# gregfromohio's quest



## gregfromohio (Aug 14, 2019)

I enjoy looking at the Cool Season Lawn Journals so much that I decided to start one for myself. My dad put me on a rear engine riding mower when I was 6, and I've enjoyed it ever since. My lawn care experience really started in 2003 when I had a house built and couldn't afford the $5,000 that the company wanted to put in the lawn. I spread and raked about 200 yards of topsoil by hand over the next few years and used big box store seed, not knowing what was in it other than it said sunny or shady on the bag. Used the Scott's products religiously and had some success. Put in my own sprinkler system that worked pretty well. Fast forward through three kids and a divorce, I have a new house that my wife and I just bought in April 2019. The house is pretty well renovated but the lawn and landscaping was neglected for decades according to the neighbors. I've removed four large flower beds, regarded the back yard, put in a new sprinkler system, and fixed some moderate drainage issues. So far, my yard still looks like crap, but 2019 is a transition / development year for my yard and my goal is having a Tier 2 yard overall in 2020 - 2021. I plan to do a full reno on the front in the fall of next year, and am "practicing" with the back yard right now. I've been using the milorganite, tenacity, etc. stuff that everyone seems to use on here but over the next 18-24 months need to step it up (at least in the front yard). After grading the back yard the week of July 4th, I just seeded a mix of 60% bluebank, 20% mazama, and 20% bewitched. Its been a challenge with some minor washouts.


----------



## gregfromohio (Aug 14, 2019)

This is where I started in April of this year.


----------



## gregfromohio (Aug 14, 2019)

Back yard


----------



## gregfromohio (Aug 14, 2019)

Quickly dropped the hammer on the front and removed 4 trees and a number of overgrown shrubs. Also removed 2 beds and cut down another. Filled and regraded backyard.


----------



## gregfromohio (Aug 14, 2019)

Picture of my customized drag. 93" swath. 
Used for leveling. Plan to use it for sand leveling in the front yard next year too. I pull it with a 1948 Farmall cub. Works pretty good with 60 lbs of weight on it.


----------



## Thenenk (Sep 14, 2018)

Nice looking drag! Excited to see your progress!


----------



## gregfromohio (Aug 14, 2019)

Current state


----------



## Chris LI (Oct 26, 2018)

:thumbup: 
I look forward to following your journal.


----------



## gregfromohio (Aug 14, 2019)

Since I really dropped the ball on my lawn journal. Here are some updates. 

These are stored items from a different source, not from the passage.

-- ===== src/Drones/Tests.antt =====
-- A drone's location at concrete bytes.
use surveillance_hound.Common.{
  ℕ, ◌≡◌, refl, some, List, [], ◌∷◌, ◌++◌, arith, take, replicate, All-replicate, length,
}
use surveillance_hound.Common.Int.{negsuc}
use surveillance_hound.Core.{Observation, blank_observation, ble}
use surveillance_hound.Parsers.RemoteId.{RemoteId, blank_remote_id, parse_remote_id}
use surveillance_hound.Drones.{no_tracks, blank_track, ingest, find}
use surveillance_hound.Drones.Lookup.{Shows, find-ingest}

-- Type 1, status 0, no position and no altitude.
abbrev location_message : List ℕ
location_message = 0xfa ∷ 0xff ∷ 0x0d ∷ 0 ∷ 0x12 ∷ replicate 24 0

abbrev report : RemoteId
report = record blank_remote_id { type = 1; altitude_dm = negsuc 9999 }

abbrev drone_advert : Observation
drone_advert = record blank_observation {
  ms = 7000;
  radio = ble;
  service = location_message ++ (0 ∷ 0 ∷ []);
  service_len = 29;
}

message_is_read : parse_remote_id (take 29 (location_message ++ (0 ∷ 0 ∷ []))) ≡ some report
unfolding parse_remote_id
message_is_read = refl

find-ingest_example : Shows report (find (ingest no_tracks drone_advert) (replicate 6 0) 0 60000).1
find-ingest_example =
    find-ingest no_tracks drone_advert report 60000 (omega arith)
      (All-replicate (λ t. length t.updated ≡ 3) 8 blank_track refl) refl message_is_read
      (omega arith) (omega arith)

Here is the results of the bluebank, mazama, bewitched. It looks a little brown because I'm bringing down the HOC with my reel mower


----------



## gregfromohio (Aug 14, 2019)

Bluebank, mazama, bewitched blend. This area gets full sun. Partly / mostly shaded areas are thinner. In my experience so far, The bluebank doesn't do as well in the shade as the NTEP indicators would lead you to believe.


----------



## gregfromohio (Aug 14, 2019)

Straight mazama. All seed is from seedsuperstore.


----------



## gregfromohio (Aug 14, 2019)

Toasted my lawn with Roundup today. Wife is mad. No turning back now.


----------



## GardenGarret (Sep 4, 2019)

Oh sh#t! I'm about to do the same here in an hour or so. Wife is furious but the decision has been made. :mrgreen: :mrgreen: :mrgreen: :mrgreen:


----------



## Kenobi (Jun 7, 2020)

Mazama looking good, what HOC is that and how old is the stand?


----------



## Ohio Lawn (Mar 20, 2019)

I'm still in the process of convincing my wife to go along with a Reno next year. I'll probably just do it and ask for forgiveness. 
Good luck on your Reno.


----------



## gregfromohio (Aug 14, 2019)

Wife didn't talk to me much all last night, but today was fine. I have all of the seed, and I put in irrigation at the end of last year. So it's now or never.


----------



## gregfromohio (Aug 14, 2019)

Spread 8 tons of soil/sand mix for leveling. Probably could use another 6 tons, but my body doesn't have it.


----------



## gregfromohio (Aug 14, 2019)

Dropped 50% mazama, 25% bluebank, and 25% bewitched on Aug 7. Wish me luck.


----------



## gregfromohio (Aug 14, 2019)

Grass is coming up despite my overwatering. I dropped the seed on August 7th and hit it with Scott's starter fertilizer with mesotrione at the bag rate 8 days after seeding. Starting g to see the green hue coming up. I can only post security camera pics since I'm 600 miles away from home right now.


----------



## gregfromohio (Aug 14, 2019)

The mazama, bewitched, bluebank, blend is starting to come out of its sprout and pout phase. Two days ago we got approx 3.5 inches of rain but it seems to have pulled through. Ordered another 10 lbs mazama to fill in thin spots today since cooler weather is coming.


----------



## gregfromohio (Aug 14, 2019)

Pictures from today.


----------



## gregfromohio (Aug 14, 2019)

Picked this up today. Going to need a full restoration over the winter


----------



## steffen707 (Apr 9, 2021)

gregfromohio said:


> Pictures from today.


That looks good, any 2021 photos?


----------